Example 9.2 (Nise)

This is the second post in a series where I am solving examples of controller design problems from Nise [1]. This example is focused on designing a true lag compensator. The useful piece of this problem is using the gain ratio (of compensated : uncompensated gain) to choose the pole and zero locations.

Example 9.2: Designing a Lag Compensator [1]

This problem gives you a plant and asks you to design a lag compensator that reduces the steady state error by a factor of 10. The flow of the solution is:

(1) Calculate the uncompensated steady state error (we use some information from Example 9.1 to help with this calculation, since the system is the same).

(2) Divide the steady state error by 10 and solve for the new Kp required to meet this objective.

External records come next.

-- ===== src/Metrics/Recorder.antt =====
-- `Middleware` and `statusRecorder` of internal/metrics/metrics.go. A handler is the list of its
-- calls on the writer that it is given, oldest first. `Wire` is what net/http makes of them: the
-- first status that is not informational is sent, a write sends 200, and so does the end.
use mdtree.Prelude.{
  ℕ, ◌-◌, Bytes, ◌≡◌, refl, Bool, true, false, List, [], ◌∷◌, ◌++◌, arith, ◌||◌, ◌&&◌, not, leb,
  ltb, ◌==◌, if◌then◌else◌, All,
}
use mdtree.Metrics.{Metrics, observe_request}

pub data Call : Type 0 where
  write_header : ℕ → Call
  write : Bytes → Call

pub record Wire : Type 0 where
  pub status : ℕ
  pub sent : Bool
  pub body : Bytes

abbrev pub new_wire : Wire
new_wire = record { status = 200; sent = false; body = [] }

-- 101 is final.
abbrev pub is_informational : ℕ → Bool
is_informational code = leb 100 code && ltb code 200 && not (code == 101)

unfoldable pub on_wire : Call → Wire → Wire
on_wire (write_header code) w =
    if w.sent || is_informational code then w else record w { status = code; sent = true }
on_wire (write b) w = record w { sent = true; body = w.body ++ b }

pub record Recorder : Type 0 where
  pub inner : Wire
  pub status : ℕ
  pub wrote_header : Bool

unfoldable pub new_recorder : Wire → Recorder
new_recorder w = record { inner = w; status = 200; wrote_header = false }

-- `WriteHeader` and `Write` of the recorder.
unfoldable pub record_call : Call → Recorder → Recorder
record_call (write_header code) r = record {
  inner = on_wire (write_header code) r.inner;
  status = if r.wrote_header then r.status else code;
  wrote_header = true;
}
record_call (write b) r = record r { inner = on_wire (write b) r.inner; wrote_header = true }

abbrev pub serve : List Call → Wire → Wire
serve [] w = w
serve (c ∷ cs) w = serve cs (on_wire c w)

abbrev pub serve_recorded : List Call → Recorder → Recorder
serve_recorded [] r = r
serve_recorded (c ∷ cs) r = serve_recorded cs (record_call c r)

-- The wrapped handler: what is sent, and the metrics.
unfoldable pub middleware : List Call → ℕ → ℕ → Wire → Metrics → Wire × Metrics
middleware next start ended w m =
    let r = serve_recorded next (new_recorder w) in
    (r.inner, observe_request (ended - start) (leb 500 r.status) m)

-- No informational status is written.
abbrev pub IsFinal : Call → Type 0
IsFinal (write_header code) = is_informational code ≡ false
IsFinal (write b) = Unit

-- The recorder that has seen what the client has.
abbrev in_step : Wire → Recorder
in_step w = record { inner = w; status = w.status; wrote_header = w.sent }

record_call-in_step :
    (c : Call) (w : Wire) → IsFinal c → record_call c (in_step w) ≡ in_step (on_wire c w)
unfolding record_call on_wire
record_call-in_step (write_header code) w h = ground arith
record_call-in_step (write b) w h = refl

serve_recorded-in_step :
    (cs : List Call) (w : Wire)
    → All IsFinal cs
    → serve_recorded cs (in_step w) ≡ in_step (serve cs w)
serve_recorded-in_step [] w h = refl
serve_recorded-in_step (c ∷ cs) w h =
    rw (record_call-in_step c w h.0) (serve_recorded-in_step cs (on_wire c w) h.1)

-- A handler that writes no informational status is sent to the client as it would be without the
-- middleware, and counts as one request of the time it took, and as an error exactly when the
-- client gets a status of 500 or more.
pub middleware-serve :
    (next : List Call) (start ended : ℕ) (m : Metrics)
    → All IsFinal next
    → middleware next start ended new_wire m ≡ (
      serve next new_wire,
      observe_request (ended - start) (leb 500 (serve next new_wire).status) m,
    )
unfolding middleware new_recorder
middleware-serve next start ended m h = rw (serve_recorded-in_step next new_wire h) refl
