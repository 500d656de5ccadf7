-- ===== src/Server/Static.antt =====
-- `spaHandler` of internal/server/static.go. The front end's files are a parameter.
use mdtree.Prelude.{Bytes, bytes, bytes_eq, Bool, not, ◌||◌, List, [], ◌∷◌, ◌++◌, if◌then◌else◌}
use mdtree.Text.{has_prefix}
use mdtree.Prelude.{drop, length}
use mdtree.FilePath.{clean}
use mdtree.Auth.Middleware.{Response}

-- The files that are embedded: whether fs.Stat finds a name, and what http.FileServer answers for
-- a path.
pub record Dist : Type 0 where
  pub has_entry : Bytes → Bool
  pub file_server : Bytes → Response

abbrev page_lines : List Bytes
page_lines =
    bytes "<!doctype html>"
    ∷ bytes "<html lang=\"en\"><head><meta charset=\"utf-8\"><title>mdtree</title>"
    ∷ bytes
        "<style>body{font:16px/1.6 system-ui,sans-serif;max-width:40rem;margin:4rem auto;padding:0 1.5rem;color:#1a1a1a}code{background:#eee;padding:.15em .4em;border-radius:4px}</style>"
    ∷ bytes "</head><body>"
    ∷ bytes "<h1>mdtree</h1>"
    ∷ bytes "<p>The backend is running, but the frontend has not been built into this binary.</p>"
    ∷ bytes "<p>Build it and rebuild the binary:</p>"
    ∷ bytes "<pre><code>npm --prefix web install"
    ∷ bytes "npm --prefix web run build"
    ∷ bytes "go build ./cmd/mdtree</code></pre>"
    ∷ bytes "<p>Or run <code>scripts/build.sh</code>.</p>"
    ∷ bytes "</body></html>"
    ∷ []

-- The lines, with a newline between them.
abbrev join_lines : List Bytes → Bytes
join_lines [] = []
join_lines (l ∷ []) = l
join_lines (l ∷ ls) = l ++ (10 ∷ join_lines ls)

abbrev pub frontend_missing_html : Bytes
frontend_missing_html = join_lines page_lines

abbrev pub frontend_missing : Response
frontend_missing = record {
  status = 503;
  content_type = bytes "text/html; charset=utf-8";
  body = frontend_missing_html;
}

abbrev trim_prefix : Bytes → Bytes → Bytes
trim_prefix s prefix = if has_prefix s prefix then drop (length prefix) s else s

-- The file that a path asks for.
unfoldable pub asset_name : Bytes → Bytes
asset_name path =
    let name = trim_prefix (clean path) (bytes "/") in
    if bytes_eq name [] || bytes_eq name (bytes ".") then bytes "index.html" else name

unfoldable pub spa_handler : Dist → Bytes → Response
spa_handler dist path =
    if not (dist.has_entry (bytes "index.html"))
    then frontend_missing
    else if not (dist.has_entry (asset_name path))
    then dist.file_server (bytes "/")
    else dist.file_server path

(3) Use the gain ratio (Kp_new : Kp_old) to write the pole-zero ratio for the lag compensator. Note that for lag compensators, the integrator’s (i.e. the pole’s) behavior should dominate the system so we want to put the pole closer to the Imaginary axis than the zero. This means that z > p.

(4) Arbitrarily choose the pole location to be somewhere very close to the origin, and solve for the zero’s location.

(5) Solve for the steady state error of the compensated system (assume that the gain is still about the same with compensation, since the compensator is very close to the origin and does not shift the root locus signficantly). Show that you have met the design requirements.

Fig 1 Figure 1

Fig 2 Figure 2


[1] Nise, Norman S. Control Systems Engineering, 4th Ed. John Wiley & Sons, Inc. 2004.

Written on September 25, 2019